# How to use the Autozone scanner?



## MK420TH92 (Nov 3, 2011)

I need to scan my car for codes today. The autozone near me provides the scanning tool for free. But i have no clue how to use it. I know where the port is under the dash but no clue how to actually use the tool. I know some of you probably got the whole thing memorized.
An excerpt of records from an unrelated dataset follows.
-- ===== src/Cli/Metrics/Printed.antt =====
-- What src/cli/process_metrics.cpp writes of one operation and of a session.
use fin_core_streaming_syste.Prelude.{
  ◌+◌, ◌%◌, ◌^◌, ◌==◌, Option, none, some, [], ◌∷◌, ◌++◌, if◌then◌else◌, Text, codes,
}
use fin_core_streaming_syste.Prelude.Int.{ℤ, pos, leb_ℤ, ltb_ℤ, ◌+ℤ◌}
use fin_core_streaming_syste.Core.Double.{Double}
use fin_core_streaming_syste.Cli.Metrics.{
  ProcessDelta, OperationMetrics, SessionStats, total_cpu_us,
}
use fin_core_streaming_syste.Cli.Metrics.Format.{
  Rounding, left_text, concat, format_duration, format_memory, optional_duration,
}
use fin_core_streaming_syste.Cli.Metrics.Samples.{print_series}
use fin_core_streaming_syste.Domain.Decimal.{to_text}
use fin_core_streaming_syste.Storage.Numbers.{signed_text}

module _ {D : Double} (R : Rounding D) where
  unfoldable pub cpu_percent : ProcessDelta → ℤ → D.Num
  cpu_percent d wall_time_us =
      if leb_ℤ wall_time_us (pos 0)
      then D.nought
      else D.div (D.mul (R.of_i64 (total_cpu_us d)) (R.of_i64 (pos 100))) (R.of_i64 wall_time_us)

  -- The sum of the counters is computed in `uint64_t`.
  unfoldable pub cache_hit_rate : SessionStats → D.Num
  cache_hit_rate s =
      let cache_total = (s.api_cache_hits + s.api_cache_misses) % 2 ^ 64 in
      if cache_total == 0
      then D.nought
      else D.div (D.mul (D.of_u64 s.api_cache_hits) (R.of_i64 (pos 100))) (D.of_u64 cache_total)

  unfoldable pub print_summary : SessionStats → Text
  print_summary s = concat (
      codes "\n=== FinCore Session Statistics ===============================\n"
      ∷ codes "Operations\n"
      ∷ (codes "  attempts             " ++ to_text s.attempts)
      ∷ (codes "\n  successes            " ++ to_text s.successes)
      ∷ (codes "\n  failures              " ++ to_text s.failures)
      ∷ codes "\n\nAlpha Vantage client\n"
      ∷ (codes "  cache hits           " ++ to_text s.api_cache_hits)
      ∷ (codes "\n  cache misses         " ++ to_text s.api_cache_misses)
      ∷ (codes "\n  cache hit rate       " ++ R.fixed 2 (cache_hit_rate s))
      ∷ codes "%\n\nRedis\n"
      ∷ (codes "  cache hits           " ++ to_text s.redis_cache_hits)
      ∷ (codes "\n  cache misses         " ++ to_text s.redis_cache_misses)
      ∷ (codes "\n  quote writes ok      " ++ to_text s.redis_quote_successes)
      ∷ (codes "\n  quote writes failed  " ++ to_text s.redis_quote_failures)
      ∷ (codes "\n  book writes ok       " ++ to_text s.redis_book_successes)
      ∷ (codes "\n  book writes failed   " ++ to_text s.redis_book_failures)
      ∷ codes "\n\nLatency\n"
      ∷ print_series R (codes "Redis cache read") s.redis_read
      ∷ print_series R (codes "API get_quote") s.api
      ∷ print_series R (codes "  API external") s.api_external
      ∷ print_series R (codes "  API cached") s.api_cached
      ∷ print_series R (codes "Redis quote") s.redis_quote
      ∷ print_series R (codes "Book rebuild") s.book_build
      ∷ print_series R (codes "Redis order book") s.redis_book
      ∷ print_series R (codes "Total pipeline") s.total
      ∷ codes "\nMeasured process usage\n"
      ∷ (codes "  user CPU             " ++ format_duration R s.measured_user_cpu_us)
      ∷ (codes "\n  system CPU           " ++ format_duration R s.measured_system_cpu_us)
      ∷ (codes "\n  total CPU            "
          ++ format_duration R (s.measured_user_cpu_us +ℤ s.measured_system_cpu_us))
      ∷ (codes "\n  current RSS          " ++ format_memory R s.last_current_rss_kb)
      ∷ (codes "\n  peak RSS             " ++ format_memory R s.peak_rss_kb)
      ∷ codes "\n==============================================================\n"
      ∷ [])

  -- A line that is written only of a value that is measured, or if the test holds.
  abbrev optional_line : {A : Type 0} → Option A → Text → Text
  optional_line (some value) line = line
  optional_line none line = []

  unfoldable pub print_operation_metrics : OperationMetrics → Text
  print_operation_metrics m = concat (
      codes "\n[metrics] "
      ∷ m.symbol
      ∷ (if m.success then codes " SUCCESS" else codes " FAILED")
      ∷ codes "\n"
      ∷ optional_duration R (codes "API get_quote") m.api_us
      ∷ optional_duration R (codes "Redis cache read") m.redis_read_us
      ∷ optional_duration R (codes "Redis quote write") m.redis_quote_us
      ∷ optional_duration R (codes "OrderBook rebuild") m.book_build_us
      ∷ optional_duration R (codes "Redis book write") m.redis_book_us
      ∷ optional_duration R (codes "Total pipeline") (some m.total_us)
      ∷ (if ltb_ℤ (pos 0) m.total_us
          then concat (
              codes "  "
              ∷ left_text 20 (codes "Pipeline rate")
              ∷ R.fixed 2 (D.div (R.of_i64 (pos 1_000_000)) (R.of_i64 m.total_us))
              ∷ codes " ops/s (single operation)\n"
              ∷ [])
          else [])
      ∷ optional_line m.api_us (
          concat (
            codes "  "
            ∷ left_text 20 (codes "API source")
            ∷ (if m.api_cached then codes "AlphaVantageClient cache" else codes "external fetch")
            ∷ codes "\n"
            ∷ []))
      ∷ optional_line m.redis_read_us (
          concat (
            codes "  "
            ∷ left_text 20 (codes "Redis cache")
            ∷ (if m.redis_cache_hit then codes "hit" else codes "miss")
            ∷ codes "\n"
            ∷ []))
      ∷ codes "\n  Process delta\n"
      ∷ (codes "    user CPU           " ++ format_duration R m.process.user_cpu_us)
      ∷ (codes "\n    system CPU         " ++ format_duration R m.process.system_cpu_us)
      ∷ (codes "\n    process CPU / wall " ++ R.fixed 2 (cpu_percent m.process m.total_us))
      ∷ (codes "%\n    current RSS        " ++ format_memory R m.process.current_rss_kb)
      ∷ (codes "\n    RSS delta          "
          ++ (if leb_ℤ (pos 0) m.process.rss_delta_kb then codes "+" else []))
      ∷ format_memory R m.process.rss_delta_kb
      ∷ (codes "\n    peak RSS           " ++ format_memory R m.process.peak_rss_kb)
      ∷ (codes "\n    minor faults       " ++ signed_text m.process.minor_faults)
      ∷ (codes "\n    major faults       " ++ signed_text m.process.major_faults)
      ∷ (codes "\n    voluntary ctx sw   " ++ signed_text m.process.voluntary_context_switches)
      ∷ (codes "\n    involuntary ctx sw " ++ signed_text m.process.involuntary_context_switches)
      ∷ codes "\n"
      ∷ [])

  unfoldable pub print_last : SessionStats → Text
  print_last s = elim s.last [
    | none ↦ codes "No measured operation yet.\n"
    | some m ↦ print_operation_metrics m
  ]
Could anyone give me a quick rundown on how to use this tool.


----------



## [email protected] Parts (Nov 27, 2006)

OHHHH sooooo Sorry!!! we cant support the Auto-zone scanner here handsome!

Go here and buy a unit, then you can get help here with a Ross-Tech approved licensed device.

www.ross-tech.com

Best,


----------



## Tim Birney (Jun 2, 2003)

A kinder, and quite softer answer is this:

PXXXX codes given by generic Scanners are not much help with any and all problems.
You really need a Dealership Scan, or your own scan using VAG-COM (VCDS).


----------



## [email protected] Parts (Nov 27, 2006)
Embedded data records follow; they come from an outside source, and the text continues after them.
module _ (builder : StateGraph) (d : AgentDefinition) (ok : validate_graph d ≡ valid) where
  compiled_at : compile_langgraph builder (build d) ≡ (
      if is_none (lookup d.entry (build d).node_map)
      then refused "LangGraph execution requires entry to reference a node id"
      else nodes_added builder (build d) (builder.add_error (ids d.nodes)))
  unfolding compile_langgraph build
  compiled_at =
      ap
        (λ names.
          if is_none (lookup d.entry (build d).node_map)
          then refused "LangGraph execution requires entry to reference a node id"
          else nodes_added builder (build d) (builder.add_error names))
        (ap node_ids (node_map_items d ok) ∙ ids-item d.nodes)

  ways_at : add_all_ways (build d) ≡ started_at d.entry (add_ways (build d) (map item d.nodes))
  unfolding build
  ways_at = ap (λ ns. started_at d.entry (add_ways (build d) ns)) (node_map_items d ok)

  accepted_inv :
      (b : BuiltProgram) (p : Program)
      → accepted builder b ≡ program p
      → (b ≡ program p) × (builder.compile_error p ≡ none)
  accepted_inv (refused error) p h = cc
  accepted_inv (langgraph_error error) p h = cc
  accepted_inv (program q) p h = elim (Option-cases (builder.compile_error q)) [
    | inl fine ↦
        let same : q ≡ p = cc (rw fine at h) in
        (ap program same, subst (λ x. builder.compile_error x ≡ none) same fine)
    | inr (error, bad) ↦ cc (rw bad at h)
  ]

  -- what is left of a program where LangGraph has no error
  added_inv :
      (o : Option String) (p : Program)
      → nodes_added builder (build d) o ≡ program p
      → (o ≡ none)
        × (started_at d.entry (add_ways (build d) (map item d.nodes)) ≡ program p)
        × (builder.compile_error p ≡ none)
  added_inv (some error) p h = cc
  added_inv none p h =
      let (e, fine) = accepted_inv (add_all_ways (build d)) p h in (refl, sym ways_at ∙ e, fine)

  -- A program is built from an entry that names a node, and from a way for each node.
  pub started :
      (p : Program)
      → compile_langgraph builder (build d) ≡ program p
      → Memᴰ d.entry (ids d.nodes)
        × (p.start ≡ d.entry)
        × (add_ways (build d) (map item d.nodes) ≡ some p.ways)
        × (builder.add_error (ids d.nodes) ≡ none)
        × (builder.compile_error p ≡ none)
  started p h = elim (Option-cases (lookup d.entry (build d).node_map)) [
    | inl absent ↦ cc (rw absent at (sym compiled_at ∙ h))
    | inr (n, found) ↦
        let (m, id) = node_map_sound d d.entry n found in
        let (added, e, fine) =
          added_inv (builder.add_error (ids d.nodes)) p (rw found at (sym compiled_at ∙ h)) in
        let (s, w) = started_inv d.entry (add_ways (build d) (map item d.nodes)) p e in
        (subst (λ k. Memᴰ k (ids d.nodes)) id (Mem-map n d.nodes m), s, w, added, fine)
  ]

  known : (p : Program) → compile_langgraph builder (build d) ≡ program p → IsRunnable d
  known p h =
      let (entry, _, ways, _, _) = started p h in
      record {
        entry = entry;
        one_way = λ n m plain.
            let (w, e) =
              Each-Mem (Has d) d.nodes p.ways n (add_ways-Each d d.nodes p.ways ways) m in
            along_HasOneWay (leaving d n) w (sym (way_plain d ok n m plain) ∙ e);
      }

  -- the program that is handed to LangGraph: it starts at the entry and has the way of each node
  abbrev pub IsHanded : Program → Type 0
  IsHanded p = (p.start ≡ d.entry) × Each (Has d) d.nodes p.ways

  handed_once :
      (p q : Program)
      → add_ways (build d) (map item d.nodes) ≡ some p.ways
      → p.start ≡ d.entry
      → IsHanded q
      → p ≡ q
  handed_once p q e at (start, each) =
      let ways : p.ways ≡ q.ways = some-inj (sym e ∙ Each-add_ways d d.nodes q.ways each) in
      same_program p q (at ∙ sym start) ways

  runs :
      IsRunnable d
      → builder.add_error (ids d.nodes) ≡ none
      → ((p : Program) → IsHanded p → builder.compile_error p ≡ none)
      → (p : Program) × (compile_langgraph builder (build d) ≡ program p)
  runs r added fine =
      let (ws, e) =
        add_ways-built d d.nodes (λ n m. way_of d ok n m (kind_of d n) (r.one_way n m)) in
      let (n, m, id) = Mem-ids d.entry d.nodes r.entry in
      let found : lookup d.entry (build d).node_map ≡ some n =
        subst (λ k. lookup k (build d).node_map ≡ some n) id (compile_graph-lookup d ok n m).1 in
      let p : Program = record { start = d.entry; ways = ws } in
      let fine' = fine p (refl, add_ways-Each d d.nodes ws e) in
      (p, compiled_at ∙ rw (found, added, ways_at, e, fine') refl)

  -- For a valid graph `compile_langgraph` builds a program exactly if the entry names a node, each
  -- node that is no Supervisor, and no capability of a graph with a Supervisor, has no edge or only
  -- one, without a condition, and LangGraph has no error for the ids of the nodes and none for the
  -- program that starts at the entry and has the way of each node.
  pub compile_langgraph_iff :
      ((p : Program) × (compile_langgraph builder (build d) ≡ program p)) ↔ (
        IsRunnable d
        × (builder.add_error (ids d.nodes) ≡ none)
        × ((p : Program) → IsHanded p → builder.compile_error p ≡ none))
  compile_langgraph_iff = (
    λ (p, h).
        let (_, at, e, added, fine) = started p h in
        (
          known p h,
          added,
          λ q is. subst (λ x. builder.compile_error x ≡ none) (handed_once p q e at is) fine,
        ),
    λ (r, added, fine). runs r added fine,
  )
Yeah, I could of been Tim, your right, your point is valid.

I just hate noobs which don't read the rules.

I am KIND, just not your kind. 

Merry Xmas


----------



## The_Dingman (Mar 17, 2011)

While I understand the point of the above responses... I will help.

The connector is under the dash near your pedals. It is usually located all the way to the left on VW cars.

Plug it in, turn the key to "on", but DON'T start the car.

On the scanner, select "Scan Codes" and press "Enter".

It will then list all the standard ODBII codes. This will give you engine codes related to the "Check Engine" light, but as stated above, it will not give you much for dealer specific codes.

If you see a code you don't know, or it doesn't have a definition, write down the code (Like P0301) and take it back to AutoZone. They can search up the definition on Znet (their computer). They will only be able to search codes starting with "P".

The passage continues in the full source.